"""
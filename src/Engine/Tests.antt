-- ===== src/Engine/Tests.antt =====
-- The engine at concrete inputs.
use surveillance_hound.Common.{
  ◌-◌, ◌^◌, ◌≤◌, ◌≡◌, refl, true, false, ◌&&◌, List, [], ◌∷◌, map, arith, All, get_or,
}
use surveillance_hound.Common.Int.{negsuc}
use surveillance_hound.Core.{
  samsung_identity, Rule, Observation, Settings, blank_observation, blank_detection, company,
  name_exact, ble,
}
use surveillance_hound.Core.Text.{codes}
use surveillance_hound.Signatures.{cap}
use surveillance_hound.Engine.{
  same_device, Engine, Entry, new_engine, ingest, recent_counts, total_score, counted, blank_entry,
}
use surveillance_hound.Engine.Bounds.{new_engine-IsBounded, IsBounded, IsByte, ingest-IsBounded}
use surveillance_hound.Engine.Emission.{
  Call, Emits, ingest-Emits, IsSpaced, emission_times, emission_times-IsSpaced,
}
use surveillance_hound.Engine.Current.{ingest-IsCurrent}
use surveillance_hound.Engine.Reach.{IsCurrent}
use surveillance_hound.Engine.Counts.{counted_once}

abbrev apple : Rule
apple = record {
  id = codes "apple";
  category = 5;
  kind = company;
  value = codes "004C";
  score = 60;
  cap = 70;
  generic = false;
  label = [];
  reason = [];
}

abbrev named : Rule
named = record apple { kind = name_exact; value = codes "tag"; score = 40; cap = 60 }

abbrev advert : Observation
advert = record blank_observation {
  ms = 5000;
  radio = ble;
  rssi = negsuc 59;
  manufacturer = 0x4c ∷ 0x00 ∷ 0x12 ∷ [];
  manufacturer_len = 3;
  address = 1 ∷ 2 ∷ 3 ∷ 4 ∷ 5 ∷ 6 ∷ [];
}

abbrev all_on : Settings
all_on = record {
  version = 1;
  enabled_categories = 2 ^ 19 - 1;
  threshold = 50;
  region = 0;
  brightness = 0;
  character = 0;
  sound = true;
  low_feeding = false;
  reduced_animation = false;
  research = false;
  raw_ssid = false;
  onboarded = true;
  ibeacon_alerts = false;
  name = [];
  portrait = false;
  rotation_locked = false;
  alert_categories = 0;
}

abbrev hound : Engine
hound = new_engine (apple ∷ named ∷ [])

-- The first advertisement is emitted with the rule's score.
first_emission : map (λ d. d.score) (ingest hound advert all_on 4).1 ≡ 60 ∷ []
unfolding ingest cap
first_emission = refl

-- 60 and a quarter of 40, within the caps.
two_clues : total_score advert (apple ∷ named ∷ []) ≡ 70
unfolding total_score cap
two_clues = refl

caps_70 : All (λ r. cap r advert ≤ 70) (apple ∷ named ∷ [])
unfolding cap
caps_70 = (omega arith, (omega arith, tt))

near : IsByte advert.rssi
unfolding IsByte
near = (omega arith, omega arith)

ingest-IsBounded_example :
    All (IsBounded 70) (ingest hound advert all_on 4).0.cache
    × All (λ d. d.score ≤ 70) (ingest hound advert all_on 4).1
ingest-IsBounded_example =
    ingest-IsBounded hound advert all_on 4 70 (omega arith, (omega arith, tt)) near
      (new_engine-IsBounded (apple ∷ named ∷ []) 70)

ingest-Emits_example : Emits advert 0 (ingest hound advert all_on 4)
ingest-Emits_example = ingest-Emits hound advert all_on 4 (omega arith)

abbrev two_calls : List Call
two_calls =
    record { o = advert; settings = all_on; room = 4 }
    ∷ record { o = record advert { ms = 40000 }; settings = all_on; room = 4 }
    ∷ []

emission_times-IsSpaced_example : IsSpaced 0 (emission_times hound two_calls)
emission_times-IsSpaced_example =
    emission_times-IsSpaced two_calls hound (omega arith, (omega arith, tt))

ingest-IsCurrent_example : All (IsCurrent advert all_on) (ingest hound advert all_on 4).1
ingest-IsCurrent_example = ingest-IsCurrent hound advert all_on 4 (omega arith)

-- Two entries of one device: the first has the higher score.
abbrev strong : Entry
strong = record blank_entry {
  detection = record blank_detection {
    seen_count = 2;
    score = 60;
    last_ms = 900;
    category = 5;
    radio = ble;
  };
}

abbrev pair : List Entry
pair =
    strong ∷ record strong { detection = record strong.detection { score = 30; category = 6 } } ∷ []

counted_once_example :
    (counted 1000 all_on pair 0 (get_or pair 0 blank_entry)
      && counted 1000 all_on pair 1 (get_or pair 1 blank_entry))
    ≡ false
unfolding same_device samsung_identity
counted_once_example = counted_once 1000 all_on pair 0 1 refl (omega arith) (omega arith) refl

abbrev busy : Engine
busy = record hound { cache = pair }

one_device : recent_counts busy 1000 all_on ≡ 0 ∷ 1 ∷ 0 ∷ []
unfolding recent_counts samsung_identity
one_device = refl
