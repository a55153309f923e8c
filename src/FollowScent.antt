-- ===== src/FollowScent.antt =====
-- components/sniffer_core/include/sniffer/follow.hpp: the one identity that is being followed.
-- `history` is the array of 30 samples, of which the first `count` are used. A uint64_t difference
-- that no test guards is written with its wrap-around.
pub mod Samples
pub mod Invariant
pub mod Signal
mod Tests
use surveillance_hound.Common.{
  ℕ, zero, suc, ◌+◌, ◌-◌, ◌/◌, Bool, true, false, not, ◌&&◌, ◌||◌, List, [], ◌∷◌, ◌++◌, ltb, leb,
  ◌==◌, if◌then◌else◌, bool_eq, get_or, set, replicate, drop, list_eq, sub64, length,
}
use surveillance_hound.Common.Int.{ℤ, pos, negsuc, ltb_ℤ, ◌-ℤ◌}
use surveillance_hound.Core.{
  Detection, Observation, Radio, radio_eq, wifi, SamsungTag, no_samsung_tag, samsung_valid,
  samsung_identity,
}
use surveillance_hound.Core.Category.{category_count}

pub data ScentSignal : Type 0 where
  none paused waiting fresh stale lost : ScentSignal

pub record Sample : Type 0 where
  pub ms : ℕ
  pub rssi : ℤ

abbrev pub blank_sample : Sample
blank_sample = record { ms = 0; rssi = pos 0 }

abbrev pub history_size : ℕ
history_size = 30

pub record FollowScent : Type 0 where
  pub address : List ℕ
  pub samsung : SamsungTag
  pub radio : Radio
  pub address_type : ℕ
  pub category : ℕ
  pub active : Bool
  pub demo : Bool
  pub received : Bool
  pub started : ℕ
  pub last_ms : ℕ
  pub accept_after : ℕ
  pub rssi : ℤ
  pub history : List Sample
  pub count : ℕ

-- FollowScent{}
abbrev pub idle_scent : FollowScent
idle_scent = record {
  address = replicate 6 0;
  samsung = no_samsung_tag;
  radio = wifi;
  address_type = 0;
  category = 0;
  active = false;
  demo = false;
  received = false;
  started = 0;
  last_ms = 0;
  accept_after = 0;
  rssi = pos 0;
  history = replicate history_size blank_sample;
  count = 0;
}

unfoldable pub select : Detection → ℕ → FollowScent
select d now = if leb category_count d.category then idle_scent else record idle_scent {
  active = true;
  demo = d.demo;
  address = d.address;
  samsung = if samsung_identity d then d.samsung else no_samsung_tag;
  radio = d.radio;
  address_type = d.address_type;
  category = d.category;
  started = now;
  accept_after = now;
}

unfoldable pub restart : FollowScent → ℕ → FollowScent
restart f now = record f { received = false; count = 0; started = now; accept_after = now }

-- The identity test of `observe`: an exact Samsung broadcast id, otherwise the address and its type.
unfoldable pub same_identity : FollowScent → Observation → Bool
same_identity f o =
    if samsung_valid f.samsung
    then samsung_valid o.samsung && list_eq f.samsung.id o.samsung.id
    else list_eq o.address f.address && (o.address_type == f.address_type)

unfoldable pub accepts : FollowScent → Observation → Bool → Bool
unfolding same_identity
accepts f o synthetic =
    f.active
    && bool_eq synthetic f.demo
    && same_identity f o
    && radio_eq o.radio f.radio
    && ltb f.accept_after o.ms
    && not (f.received && ltb o.ms f.last_ms)
    && not (ltb_ℤ (pos 0) o.rssi)
    && not (ltb_ℤ o.rssi (negsuc 125))

-- `std::move(begin + 1, end, begin)`: the last element stays where it is.
unfoldable pub shift : List Sample → List Sample
shift h = drop 1 h ++ (get_or h (length h - 1) blank_sample ∷ [])

-- One sample for each second: a sample of the same second is replaced; a full history is shifted.
unfoldable pub remember : FollowScent → Sample → FollowScent
unfolding shift
remember f s =
    if ltb 0 f.count && ((get_or f.history (f.count - 1) blank_sample).ms / 1000 == s.ms / 1000)
    then record f { history = set f.history (f.count - 1) s }
    else if f.count == history_size
    then record f { history = set (shift f.history) (f.count - 1) s; count = f.count - 1 + 1 }
    else record f { history = set f.history f.count s; count = f.count + 1 }

unfoldable pub observe : FollowScent → Observation → Bool → FollowScent × Bool
unfolding accepts remember
observe f o synthetic =
    if accepts f o synthetic
    then (
      remember
          (record f {
            address = o.address;
            address_type = o.address_type;
            received = true;
            last_ms = o.ms;
            rssi = o.rssi;
          })
          (record { ms = o.ms; rssi = o.rssi }),
      true,
    )
    else (f, false)

unfoldable pub state : FollowScent → ℕ → Bool → ScentSignal
state f now listening =
    if not f.active
    then none
    else if not listening
    then paused
    else if not f.received
    then if leb f.started now && leb 15000 (now - f.started) then lost else waiting
    else if ltb now f.last_ms || leb 15000 (now - f.last_ms)
    then lost
    else if leb (now - f.last_ms) 5000
    then fresh
    else stale

-- The loop of `trend`: `i` counts down over the pairs of neighbouring samples.
unfoldable pub trend_from : FollowScent → ℕ → ℤ
trend_from f zero = pos 0
trend_from f (suc i) =
    let before = get_or f.history i blank_sample in
    let age = sub64 f.last_ms before.ms in
    let rest = trend_from f i in
    if ltb 5000 (sub64 (get_or f.history (suc i) blank_sample).ms before.ms)
    then pos 0
    else if leb 2000 age && leb age 8000
    then f.rssi -ℤ before.rssi
    else rest

unfoldable pub trend : FollowScent → ℕ → ℤ
unfolding trend_from
trend f now =
    if ltb f.count 2 || ltb now f.last_ms || ltb 5000 (now - f.last_ms)
    then pos 0
    else trend_from f (f.count - 1)
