-- ===== src/Pet/Tests.antt =====
-- The hound's theorems at concrete inputs.
use surveillance_hound.Common.{◌≡◌, refl, true, false, arith}
use surveillance_hound.Core.{Detection, blank_detection}
use surveillance_hound.Pet.{new_pet, decay_needs, feed}
use surveillance_hound.Pet.Decay.{decay_needs-decay_needs}
use surveillance_hound.Pet.Meals.{IsCounted, feed-IsCounted}

abbrev meal : Detection
meal = record blank_detection { meal = true; score = 85; category = 4; last_ms = 2000 }

fed_xp : (feed new_pet meal false).xp ≡ 13
unfolding feed
fed_xp = refl

decay_needs-decay_needs_example :
    decay_needs 900000 (decay_needs 400000 (record { clock = 0; fullness = 70; mood = 70 }))
    ≡ decay_needs 900000 (record { clock = 0; fullness = 70; mood = 70 })
decay_needs-decay_needs_example =
    decay_needs-decay_needs (record { clock = 0; fullness = 70; mood = 70 }) 400000 900000
      (omega arith) (omega arith)

feed-IsCounted_example : IsCounted (feed new_pet meal false)
feed-IsCounted_example =
    feed-IsCounted new_pet meal false (omega arith) (record { slots = refl; total = refl })
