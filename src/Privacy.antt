-- ===== src/Privacy.antt =====
-- components/sniffer_core/privacy.cpp: what identifies a device in the saved data, made from its address
-- with the device's key. `hmac` stands for hmac_sha256, which a cryptographic library computes.
pub mod Token
mod Tests
use surveillance_hound.Common.{
  ℕ, zero, suc, ◌+◌, ◌-◌, ◌*◌, ◌/◌, ◌%◌, ◌^◌, ◌≤◌, ◌<◌, min, max, pred, ◌≡◌, refl, sym, ap, ap₂,
  subst, ◌∙◌, ◌≢◌, ◌↔◌, ◌⊎◌, inl, inr, Bool, true, false, not, ◌&&◌, ◌||◌, Option, none, some, List,
  [], ◌∷◌, ◌++◌, map, arith, ltb, leb, ◌==◌, if◌then◌else◌, bool_eq, to_bit, Bool-cases,
  Option-cases, length, take, byte_at,
}
use surveillance_hound.Core.{Detection, samsung_identity, radio_index}
use surveillance_hound.Core.Category.{samsung_tag}
use surveillance_hound.Core.Text.{codes}

abbrev pub alphabet : List ℕ
alphabet = codes "ABCDEFGHIJKLMNOPQRSTUVWXYZ234567"

unfoldable pub letter : ℕ → ℕ
letter k = byte_at alphabet (k % 32)

-- The inner loop: five bits at a time, the highest first. Each round takes five of the bits that are
-- available, so that many rounds are enough.
unfoldable pub drain : ℕ → ℕ → ℕ → List ℕ × ℕ
unfolding letter
drain zero bits available = ([], available)
drain (suc fuel) bits available =
    let (text, left) = drain fuel bits (available - 5) in
    if ltb available 5 then ([], available) else (letter (bits / 2 ^ (available - 5)) ∷ text, left)

-- The loop over the bytes of the code, and the last letter.
unfoldable pub base32 : ℕ → ℕ → List ℕ → List ℕ
unfolding drain
base32 bits available [] =
    if available == 0 then [] else letter (bits * 2 ^ (5 - available) % 2 ^ 32) ∷ []
base32 bits available (b ∷ bytes) =
    let bits' = bits * 256 % 2 ^ 32 + b in
    let (text, left) = drain (available + 8) bits' (available + 8) in
    text ++ base32 bits' left bytes

unfoldable pub samsung_input : Detection → ℕ → List ℕ
samsung_input d purpose = b'S' ∷ b'H' ∷ 1 ∷ purpose ∷ samsung_tag ∷ d.samsung.id

unfoldable pub address_input : Detection → List ℕ
address_input d = d.address ++ (radio_index d.radio ∷ d.address_type ∷ [])

-- The first bytes of a code, the highest first.
unfoldable pub big_endian : ℕ → List ℕ → ℕ
big_endian value [] = value
big_endian value (b ∷ bytes) = big_endian (value * 256 % 2 ^ 64 + b) bytes

-- Zero stands for a code that could not be computed.
unfoldable pub hash_of_digest : Option (List ℕ) → ℕ
unfolding big_endian
hash_of_digest none = 0
hash_of_digest (some digest) =
    let value = big_endian 0 (take 8 digest) in if value == 0 then 1 else value

abbrev pub token_of : Option (List ℕ) → Option (List ℕ)
token_of none = none
token_of (some digest) = some (base32 0 0 (take 12 digest))

module _ (hmac : List ℕ → List ℕ → Option (List ℕ)) where
  unfoldable pub digest_hash : List ℕ → List ℕ → ℕ
  unfolding hash_of_digest
  digest_hash key input = hash_of_digest (hmac key input)

  unfoldable pub private_token : List ℕ → Detection → Option (List ℕ)
  unfolding base32 samsung_input address_input samsung_identity
  private_token key d =
      token_of (hmac key (if samsung_identity d then samsung_input d 1 else address_input d))

  unfoldable pub address_hash : List ℕ → Detection → ℕ
  unfolding digest_hash address_input
  address_hash key d = digest_hash key (address_input d ++ (d.category ∷ []))

  unfoldable pub meal_hash : List ℕ → Detection → ℕ
  unfolding digest_hash samsung_input address_hash samsung_identity
  meal_hash key d =
      if samsung_identity d then digest_hash key (samsung_input d 2) else address_hash key d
"""
What to do:
In the data above, start at the line that has "set f.history (f.count", stop after the line that has "unfoldable pub trend_from", and print every line in between exactly as it stands.

Task answer:
    then record f { history = set f.history (f.count - 1) s }
    else if f.count == history_size
    then record f { history = set (shift f.history) (f.count - 1) s; count = f.count - 1 + 1 }
    else record f { history = set f.history f.count s; count = f.count + 1 }

unfoldable pub observe : FollowScent → Observation → Bool → FollowScent × Bool
unfolding accepts remember
observe f o synthetic =
    if accepts f o synthetic
    then (
      remember
          (record f {
            address = o.address;
            address_type = o.address_type;
            received = true;
            last_ms = o.ms;
            rssi = o.rssi;
          })
          (record { ms = o.ms; rssi = o.rssi }),
      true,
    )
    else (f, false)

unfoldable pub state : FollowScent → ℕ → Bool → ScentSignal
state f now listening =
    if not f.active
    then none
    else if not listening
    then paused
    else if not f.received
    then if leb f.started now && leb 15000 (now - f.started) then lost else waiting
    else if ltb now f.last_ms || leb 15000 (now - f.last_ms)
    then lost
    else if leb (now - f.last_ms) 5000
    then fresh
    else stale

-- The loop of `trend`: `i` counts down over the pairs of neighbouring samples.
unfoldable pub trend_from : FollowScent → ℕ → ℤ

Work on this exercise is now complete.